- **DIRECTIONS**
From the entries that follow, reproduce exactly and only the lines from the line with "unit_bytes-le : (u : ℕ) → unit_bytes u ≤ 3" to the line with "bytes_of-le List.[] = omega arith", endpoints included.

(Collection entries)

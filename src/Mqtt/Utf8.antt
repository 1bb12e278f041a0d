-- ===== src/Mqtt/Utf8.antt =====
-- src/common/mqtt-utils.ts: the byte count and UTF-8.
use Prim.Native.Char.{char, IsScalar, len_utf8_def, width}
use Prim.Native.Nat.{compare}
use Prim.Native.String.{[], ◌∷◌, len}
use Prim.Native.String.len
use vda_5050_lib_2_0_0_js.Prelude.{
  ℕ, ◌+◌, ◌*◌, ◌≤◌, ◌≡◌, refl, ◌↔◌, String, List, ◌++◌, arith, length, ok,
}
use vda_5050_lib_2_0_0_js.Mqtt.{
  char_units, utf16, unit_bytes, utf8_bytes_from, get_utf8_bytes_count, assert_mqtt_topic_length,
  max_mqtt_topic_utf8_count,
}

bytes_of : List ℕ → ℕ
bytes_of List.[] = 0
bytes_of (List.◌∷◌ u us) = unit_bytes u + bytes_of us

utf8_bytes_from_lem : (count : ℕ) (us : List ℕ) → utf8_bytes_from count us ≡ count + bytes_of us
unfolding utf8_bytes_from bytes_of
utf8_bytes_from_lem count List.[] = omega arith
utf8_bytes_from_lem count (List.◌∷◌ u us) =
    omega (arith, utf8_bytes_from_lem (count + unit_bytes u) us)

bytes_of-append : (us vs : List ℕ) → bytes_of (us ++ vs) ≡ bytes_of us + bytes_of vs
unfolding bytes_of
bytes_of-append List.[] vs = omega arith
bytes_of-append (List.◌∷◌ u us) vs = omega (arith, bytes_of-append us vs)

width_lem :
    (n : ℕ)
    → IsScalar n
    → bytes_of (char_units n) ≡ width (compare n 128) (compare n 2048) (compare n 65536)
unfolding bytes_of unit_bytes
width_lem n h = ground arith

bytes_of-utf16 : (s : String) → bytes_of (utf16 s) ≡ len s
unfolding utf16 bytes_of
bytes_of-utf16 [] = refl
bytes_of-utf16 (char n h ∷ s) = omega (
  arith,
  bytes_of-append (char_units n) (utf16 s),
  width_lem n h,
  len_utf8_def (char n h),
  len.cons (char n h) s,
  bytes_of-utf16 s,
)

-- The byte count of a text is its length in UTF-8.
pub get_utf8_bytes_count_lem : (s : String) → get_utf8_bytes_count s ≡ len s
unfolding get_utf8_bytes_count
get_utf8_bytes_count_lem s = omega (arith, utf8_bytes_from_lem 0 (utf16 s), bytes_of-utf16 s)

unit_bytes-le : (u : ℕ) → unit_bytes u ≤ 3
unfolding unit_bytes
unit_bytes-le u = ground arith

bytes_of-le : (us : List ℕ) → bytes_of us ≤ length us * 3
unfolding bytes_of
bytes_of-le List.[] = omega arith
bytes_of-le (List.◌∷◌ u us) = omega (arith, unit_bytes-le u, bytes_of-le us)

-- A topic passes exactly when its UTF-8 length is within the limit; the shortcut for topics with
-- few code units never lets a longer one through.
pub assert_mqtt_topic_length_iff :
    (s : String) → (assert_mqtt_topic_length s ≡ ok tt) ↔ (len s ≤ max_mqtt_topic_utf8_count)
unfolding assert_mqtt_topic_length
assert_mqtt_topic_length_iff s =
    ground (arith, bytes_of-utf16 s, bytes_of-le (utf16 s), get_utf8_bytes_count_lem s)
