-- ===== src/Client/Publishing.antt =====
-- src/common/client.ts, `publishTopic`: what reaches the MQTT client.
use vda_5050_lib_2_0_0_js.Prelude.{
  ◌≡◌, String, Option, none, some, Bool, true, [], ◌∷◌, ◌++◌, arith, Outcome, ok, err, ◌≤◌,
}
use Prim.Native.String.{len}
use vda_5050_lib_2_0_0_js.Types.{AgvId, Topic, Headerless, Vda5050Object}
use vda_5050_lib_2_0_0_js.Mqtt.{max_mqtt_topic_utf8_count}
use vda_5050_lib_2_0_0_js.Mqtt.Utf8.{assert_mqtt_topic_length_iff}
use vda_5050_lib_2_0_0_js.Subscriptions.Format.{get_mqtt_topic}
use vda_5050_lib_2_0_0_js.Client.{
  Client, ClientError, PublishOptions, publish_topic, check_publish, next_header_id, header_id_of,
  with_object_header, send,
}

module _ (check_direction : Topic → Bool → Outcome ClientError (Unit {0}))
    (protocol_version : String) (check_object : String → Vda5050Object → Option String) where
  -- What has been handed over when a publication is answered with an object.
  pub record IsPublished (topic : String) (subject : AgvId) (options : PublishOptions)
      (c c' : Client) (object : Vda5050Object) : Type 0 where
    pub started : c.is_started ≡ true
    pub identity : object.header.header_id ≡ header_id_of topic c
    pub manufacturer : object.header.manufacturer ≡ subject.manufacturer
    pub serial_number : object.header.serial_number ≡ subject.serial_number
    pub valid : check_object topic object ≡ none
    pub mqtt_topic : String
    pub in_limit : len mqtt_topic ≤ max_mqtt_topic_utf8_count
    pub handed_over :
        c'.published
        ≡ c.published
          ++ record { mqtt_topic = mqtt_topic; object = object; retain = options.retain_message }
            ∷ []

  -- A publication that is answered with an object has handed over exactly this one, to a topic
  -- within the limit, under the next header ID of its topic and in the name of its subject.
  pub publish_topic-IsPublished :
      (topic : String) (subject : AgvId) (headerless : Headerless) (options : PublishOptions)
      (now : String) (c c' : Client) (object : Vda5050Object)
      → publish_topic check_direction protocol_version check_object topic subject headerless options
          now c
        ≡ (c', ok (some object))
      → IsPublished topic subject options c c' object
  unfolding publish_topic check_publish with_object_header send next_header_id
  publish_topic-IsPublished topic subject headerless options now c c' object e = record {
    started = ground (arith, e);
    identity = ground (arith, e);
    manufacturer = ground (arith, e);
    serial_number = ground (arith, e);
    valid = ground (arith, e);
    mqtt_topic =
        get_mqtt_topic c.format (some topic) (some subject.manufacturer)
          (some subject.serial_number);
    in_limit = ground (
      arith,
      e,
      assert_mqtt_topic_length_iff (
          get_mqtt_topic c.format (some topic) (some subject.manufacturer)
            (some subject.serial_number)),
    );
    handed_over = ground (arith, e);
  }

  -- A publication that is refused hands nothing over.
  publish_topic-refused :
      (topic : String) (subject : AgvId) (headerless : Headerless) (options : PublishOptions)
      (now : String) (c c' : Client) (error : ClientError)
      → publish_topic check_direction protocol_version check_object topic subject headerless options
          now c
        ≡ (c', err error)
      → c'.published ≡ c.published
  unfolding publish_topic next_header_id send
  publish_topic-refused topic subject headerless options now c c' error e = ground (arith, e)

- **WORKED SOLUTION**
unit_bytes-le : (u : ℕ) → unit_bytes u ≤ 3
unfolding unit_bytes
unit_bytes-le u = ground arith

bytes_of-le : (us : List ℕ) → bytes_of us ≤ length us * 3
unfolding bytes_of
bytes_of-le List.[] = omega arith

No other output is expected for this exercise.